WHAT THIS TASK INVOLVES | Which lines of the records below contain the word "SuccessorDraftResult"? Report each of them in full.

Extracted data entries
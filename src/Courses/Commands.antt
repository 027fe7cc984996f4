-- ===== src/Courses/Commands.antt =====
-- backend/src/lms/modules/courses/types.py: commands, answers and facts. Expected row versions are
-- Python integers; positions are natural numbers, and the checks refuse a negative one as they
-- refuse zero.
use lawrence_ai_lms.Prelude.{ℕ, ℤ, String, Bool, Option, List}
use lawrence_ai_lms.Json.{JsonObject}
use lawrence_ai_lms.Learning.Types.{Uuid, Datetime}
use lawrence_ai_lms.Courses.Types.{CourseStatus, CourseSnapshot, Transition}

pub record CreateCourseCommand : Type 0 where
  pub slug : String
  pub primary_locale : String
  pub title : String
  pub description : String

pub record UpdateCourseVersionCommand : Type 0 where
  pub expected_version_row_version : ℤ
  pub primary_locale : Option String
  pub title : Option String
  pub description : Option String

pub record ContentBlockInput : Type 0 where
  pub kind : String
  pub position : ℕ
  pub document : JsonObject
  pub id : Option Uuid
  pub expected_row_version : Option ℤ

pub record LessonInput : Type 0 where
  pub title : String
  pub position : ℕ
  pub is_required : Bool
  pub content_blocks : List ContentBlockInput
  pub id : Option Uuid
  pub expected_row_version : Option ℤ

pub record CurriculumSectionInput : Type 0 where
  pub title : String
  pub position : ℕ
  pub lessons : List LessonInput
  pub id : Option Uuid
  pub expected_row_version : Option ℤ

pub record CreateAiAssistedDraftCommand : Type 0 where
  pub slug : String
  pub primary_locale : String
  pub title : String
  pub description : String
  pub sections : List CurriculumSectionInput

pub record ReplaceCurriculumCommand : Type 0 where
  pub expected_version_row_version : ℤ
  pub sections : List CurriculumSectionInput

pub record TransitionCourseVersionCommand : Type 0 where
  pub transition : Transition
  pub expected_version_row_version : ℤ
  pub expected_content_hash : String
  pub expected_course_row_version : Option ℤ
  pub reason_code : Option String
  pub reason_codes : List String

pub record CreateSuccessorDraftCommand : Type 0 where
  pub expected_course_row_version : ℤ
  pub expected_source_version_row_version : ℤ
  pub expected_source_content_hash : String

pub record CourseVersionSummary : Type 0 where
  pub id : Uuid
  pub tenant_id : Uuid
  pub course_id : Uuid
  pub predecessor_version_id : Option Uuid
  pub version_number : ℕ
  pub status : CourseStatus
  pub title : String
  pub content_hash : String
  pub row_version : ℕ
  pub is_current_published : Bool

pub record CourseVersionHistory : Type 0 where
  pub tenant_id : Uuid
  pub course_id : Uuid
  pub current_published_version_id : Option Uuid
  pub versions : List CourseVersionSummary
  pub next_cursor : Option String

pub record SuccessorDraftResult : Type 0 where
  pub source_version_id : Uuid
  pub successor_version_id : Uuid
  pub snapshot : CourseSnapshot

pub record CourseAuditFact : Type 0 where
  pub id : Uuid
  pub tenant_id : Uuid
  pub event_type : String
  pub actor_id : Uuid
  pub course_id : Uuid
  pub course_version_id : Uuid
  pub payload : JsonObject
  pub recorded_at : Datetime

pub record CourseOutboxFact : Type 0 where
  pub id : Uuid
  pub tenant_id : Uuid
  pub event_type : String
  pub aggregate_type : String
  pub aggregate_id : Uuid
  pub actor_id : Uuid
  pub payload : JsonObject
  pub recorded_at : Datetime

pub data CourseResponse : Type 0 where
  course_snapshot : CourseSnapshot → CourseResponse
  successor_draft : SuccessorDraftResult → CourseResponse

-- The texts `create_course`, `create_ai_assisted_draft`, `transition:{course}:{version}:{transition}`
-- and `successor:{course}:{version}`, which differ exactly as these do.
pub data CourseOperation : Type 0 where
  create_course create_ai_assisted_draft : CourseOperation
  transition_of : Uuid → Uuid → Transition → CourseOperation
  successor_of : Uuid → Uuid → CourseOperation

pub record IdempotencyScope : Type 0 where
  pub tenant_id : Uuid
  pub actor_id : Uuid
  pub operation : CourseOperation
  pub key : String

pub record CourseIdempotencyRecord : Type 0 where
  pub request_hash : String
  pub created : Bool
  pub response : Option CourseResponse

SOLUTION TO THIS TASK |
pub record SuccessorDraftResult : Type 0 where
  successor_draft : SuccessorDraftResult → CourseResponse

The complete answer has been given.